_Your instructions_
Return every line from the one with "abbrev pub venus8_navigation_data : Layout" through the one with "its fields as", inclusive, exactly as it appears below.

--------------------------------

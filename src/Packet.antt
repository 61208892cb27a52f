-- ===== src/Packet.antt =====
-- src/utilities/psas_packet.h, src/devices/rnh.h and src/devices/mpl.h: the packed structures, as the
-- names and types of their fields in order. `sizeof` of a packed structure is the sum of the widths of
-- its fields.
pub mod Fields
pub mod Gps
pub mod Satellites
pub mod Messages
use av3_fc.Base.{ℕ, ◌+◌, ◌*◌, List, [], ◌∷◌, ◌++◌, Option, none, some, if◌then◌else◌}
use Prim.Native.String.{String}
use text.Mathlib.Text.{◌==◌}

-- The types of fields.
pub data CType : Type 0 where
  char uint8_t int8_t uint16_t int16_t uint32_t int32_t uint64_t float double : CType
  array : CType → ℕ → CType

abbrev pub width : CType → ℕ
width char = 1
width uint8_t = 1
width int8_t = 1
width uint16_t = 2
width int16_t = 2
width uint32_t = 4
width int32_t = 4
width uint64_t = 8
width float = 4
width double = 8
width (array t n) = width t * n

abbrev pub Layout : Type 0
Layout = List (String × CType)

abbrev pub sizeof : Layout → ℕ
sizeof [] = 0
sizeof ((name, t) ∷ fs) = width t + sizeof fs

-- A field behind others of `n` bytes.
abbrev pub behind : ℕ → Option (ℕ × CType) → Option (ℕ × CType)
behind n none = none
behind n (some (i, t)) = some (n + i, t)

-- The offset and the type of a field.
abbrev pub field : Layout → String → Option (ℕ × CType)
field [] name = none
field ((name', t) ∷ fs) name =
    if name' == name then some (0, t) else behind (width t) (field fs name)

abbrev pub adis16405_data : Layout
adis16405_data =
    (("vcc", uint16_t)
      ∷ ("gyro_x", int16_t)
      ∷ ("gyro_y", int16_t)
      ∷ ("gyro_z", int16_t)
      ∷ ("acc_x", int16_t)
      ∷ ("acc_y", int16_t)
      ∷ [])
    ++ (("acc_z", int16_t)
        ∷ ("magn_x", int16_t)
        ∷ ("magn_y", int16_t)
        ∷ ("magn_z", int16_t)
        ∷ ("temp", int16_t)
        ∷ ("aux_adc", uint16_t)
        ∷ [])

abbrev pub fcf_health_data : Layout
fcf_health_data =
    (("cpu_user", float)
      ∷ ("cpu_system", float)
      ∷ ("cpu_nice", float)
      ∷ ("cpu_iowait", float)
      ∷ ("cpu_irq", float)
      ∷ ("cpu_softirq", float)
      ∷ [])
    ++ (("ram_used", uint64_t)
        ∷ ("ram_buffer", uint64_t)
        ∷ ("ram_cached", uint64_t)
        ∷ ("pid", uint16_t)
        ∷ ("disk_used", uint64_t)
        ∷ ("disk_read", uint64_t)
        ∷ [])
    ++ (("disk_write", uint64_t)
        ∷ ("io_lo_bytes_sent", uint32_t)
        ∷ ("io_lo_bytes_recv", uint32_t)
        ∷ ("io_lo_packets_sent", uint32_t)
        ∷ ("io_lo_packets_recv", uint32_t)
        ∷ ("io_eth0_bytes_sent", uint32_t)
        ∷ [])
    ++ (("io_eth0_bytes_recv", uint32_t)
        ∷ ("io_eth0_packets_sent", uint32_t)
        ∷ ("io_eth0_packets_recv", uint32_t)
        ∷ ("io_wlan0_bytes_sent", uint32_t)
        ∷ ("io_wlan0_bytes_recv", uint32_t)
        ∷ ("io_wlan0_packets_sent", uint32_t)
        ∷ [])
    ++ (("io_wlan0_packets_recv", uint32_t) ∷ ("core_temp", uint16_t) ∷ [])

abbrev pub mpl_data : Layout
mpl_data = ("pressure", uint32_t) ∷ ("temperature", int16_t) ∷ []

abbrev pub mpl3115a2_data : Layout
mpl3115a2_data = ("pressure", uint32_t) ∷ ("temp", int16_t) ∷ []

abbrev pub bmp180_data : Layout
bmp180_data = ("pressure", uint32_t) ∷ ("temp", uint16_t) ∷ []

abbrev pub rnh_health_data : Layout
rnh_health_data =
    (("temperature", uint16_t)
      ∷ ("ts1temperature", int16_t)
      ∷ ("ts2temperature", int16_t)
      ∷ ("temprange", uint16_t)
      ∷ ("voltage", uint16_t)
      ∷ ("current", int16_t)
      ∷ [])
    ++ (("averagecurrent", int16_t)
        ∷ ("cellvoltage1", uint16_t)
        ∷ ("cellvoltage2", uint16_t)
        ∷ ("cellvoltage3", uint16_t)
        ∷ ("cellvoltage4", uint16_t)
        ∷ ("packvoltage", uint16_t)
        ∷ [])
    ++ (("averagevoltage", uint16_t) ∷ [])

abbrev pub rnh_power_data : Layout
rnh_power_data =
    (("port1", uint16_t)
      ∷ ("port2", uint16_t)
      ∷ ("port3", uint16_t)
      ∷ ("port4", uint16_t)
      ∷ ("umbilical", uint16_t)
      ∷ ("port6", uint16_t)
      ∷ [])
    ++ (("port7", uint16_t) ∷ ("port8", uint16_t) ∷ [])

abbrev pub rnh_alarms : Layout
rnh_alarms = ("alarm1", uint16_t) ∷ ("alarm2", uint16_t) ∷ ("alarm3", uint16_t) ∷ []

abbrev pub rnh_umbdet : Layout
rnh_umbdet = ("detect", uint8_t) ∷ []

abbrev pub rnh_umbilical_data : Layout
rnh_umbilical_data = ("detect", uint8_t) ∷ []

abbrev pub roll_servo_data : Layout
roll_servo_data = ("angle", double) ∷ ("disable", uint8_t) ∷ []

abbrev pub sequence_error_data : Layout
sequence_error_data = ("port", uint16_t) ∷ ("expected", uint32_t) ∷ ("received", uint32_t) ∷ []

abbrev pub sequence_no_data : Layout
sequence_no_data = ("sequence", uint32_t) ∷ []

abbrev pub venus8_navigation_data : Layout
venus8_navigation_data =
    (("fix_mode", uint8_t)
      ∷ ("num_sv", uint8_t)
      ∷ ("gps_week", uint16_t)
      ∷ ("tow", uint32_t)
      ∷ ("latitude", int32_t)
      ∷ ("longitude", int32_t)
      ∷ [])
    ++ (("ellipsoid_altitude", uint32_t)
        ∷ ("msl_altitude", uint32_t)
        ∷ ("gdop", uint16_t)
        ∷ ("pdop", uint16_t)
        ∷ ("hdop", uint16_t)
        ∷ ("vdop", uint16_t)
        ∷ [])
    ++ (("tdop", uint16_t)
        ∷ ("ecef_x", int32_t)
        ∷ ("ecef_y", int32_t)
        ∷ ("ecef_z", int32_t)
        ∷ ("ecef_vx", int32_t)
        ∷ ("ecef_vy", int32_t)
        ∷ [])
    ++ (("ecef_vz", int32_t) ∷ [])

abbrev pub state_data : Layout
state_data =
    ("time", double)
    ∷ ("acc_up", double)
    ∷ ("vel_up", double)
    ∷ ("altitude", double)
    ∷ ("roll_rate", double)
    ∷ ("roll_angle", double)
    ∷ []

abbrev pub launch_tower_computer_data : Layout
launch_tower_computer_data =
    (("rocket_ready", float)
      ∷ ("iginition_relay", uint8_t)
      ∷ ("ignition_battery", float)
      ∷ ("shore_power_relay", uint8_t)
      ∷ ("shore_power", float)
      ∷ ("solar_voltage", float)
      ∷ [])
    ++ (("system_battery", float)
        ∷ ("internal_temp", float)
        ∷ ("external_temp", float)
        ∷ ("humidity", float)
        ∷ ("wind_speed", float)
        ∷ ("wind_direction", float)
        ∷ [])
    ++ (("barometric_pressure", float) ∷ [])

-- The fields of every message before its data.
abbrev pub message_header : Layout
message_header =
    ("ID", array char 4) ∷ ("timestamp", array uint8_t 6) ∷ ("data_length", uint16_t) ∷ []

-- `StateData`, its fields as numbers of type `double`.
pub record StateData (D : Type 0) : Type 0 where
  pub time : D
  pub acc_up : D
  pub vel_up : D
  pub altitude : D
  pub roll_rate : D
  pub roll_angle : D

--------------------------------

_Output for this task_
abbrev pub venus8_navigation_data : Layout
venus8_navigation_data =
    (("fix_mode", uint8_t)
      ∷ ("num_sv", uint8_t)
      ∷ ("gps_week", uint16_t)
      ∷ ("tow", uint32_t)
      ∷ ("latitude", int32_t)
      ∷ ("longitude", int32_t)
      ∷ [])
    ++ (("ellipsoid_altitude", uint32_t)
        ∷ ("msl_altitude", uint32_t)
        ∷ ("gdop", uint16_t)
        ∷ ("pdop", uint16_t)
        ∷ ("hdop", uint16_t)
        ∷ ("vdop", uint16_t)
        ∷ [])
    ++ (("tdop", uint16_t)
        ∷ ("ecef_x", int32_t)
        ∷ ("ecef_y", int32_t)
        ∷ ("ecef_z", int32_t)
        ∷ ("ecef_vx", int32_t)
        ∷ ("ecef_vy", int32_t)
        ∷ [])
    ++ (("ecef_vz", int32_t) ∷ [])

abbrev pub state_data : Layout
state_data =
    ("time", double)
    ∷ ("acc_up", double)
    ∷ ("vel_up", double)
    ∷ ("altitude", double)
    ∷ ("roll_rate", double)
    ∷ ("roll_angle", double)
    ∷ []

abbrev pub launch_tower_computer_data : Layout
launch_tower_computer_data =
    (("rocket_ready", float)
      ∷ ("iginition_relay", uint8_t)
      ∷ ("ignition_battery", float)
      ∷ ("shore_power_relay", uint8_t)
      ∷ ("shore_power", float)
      ∷ ("solar_voltage", float)
      ∷ [])
    ++ (("system_battery", float)
        ∷ ("internal_temp", float)
        ∷ ("external_temp", float)
        ∷ ("humidity", float)
        ∷ ("wind_speed", float)
        ∷ ("wind_direction", float)
        ∷ [])
    ++ (("barometric_pressure", float) ∷ [])

-- The fields of every message before its data.
abbrev pub message_header : Layout
message_header =
    ("ID", array char 4) ∷ ("timestamp", array uint8_t 6) ∷ ("data_length", uint16_t) ∷ []

-- `StateData`, its fields as numbers of type `double`.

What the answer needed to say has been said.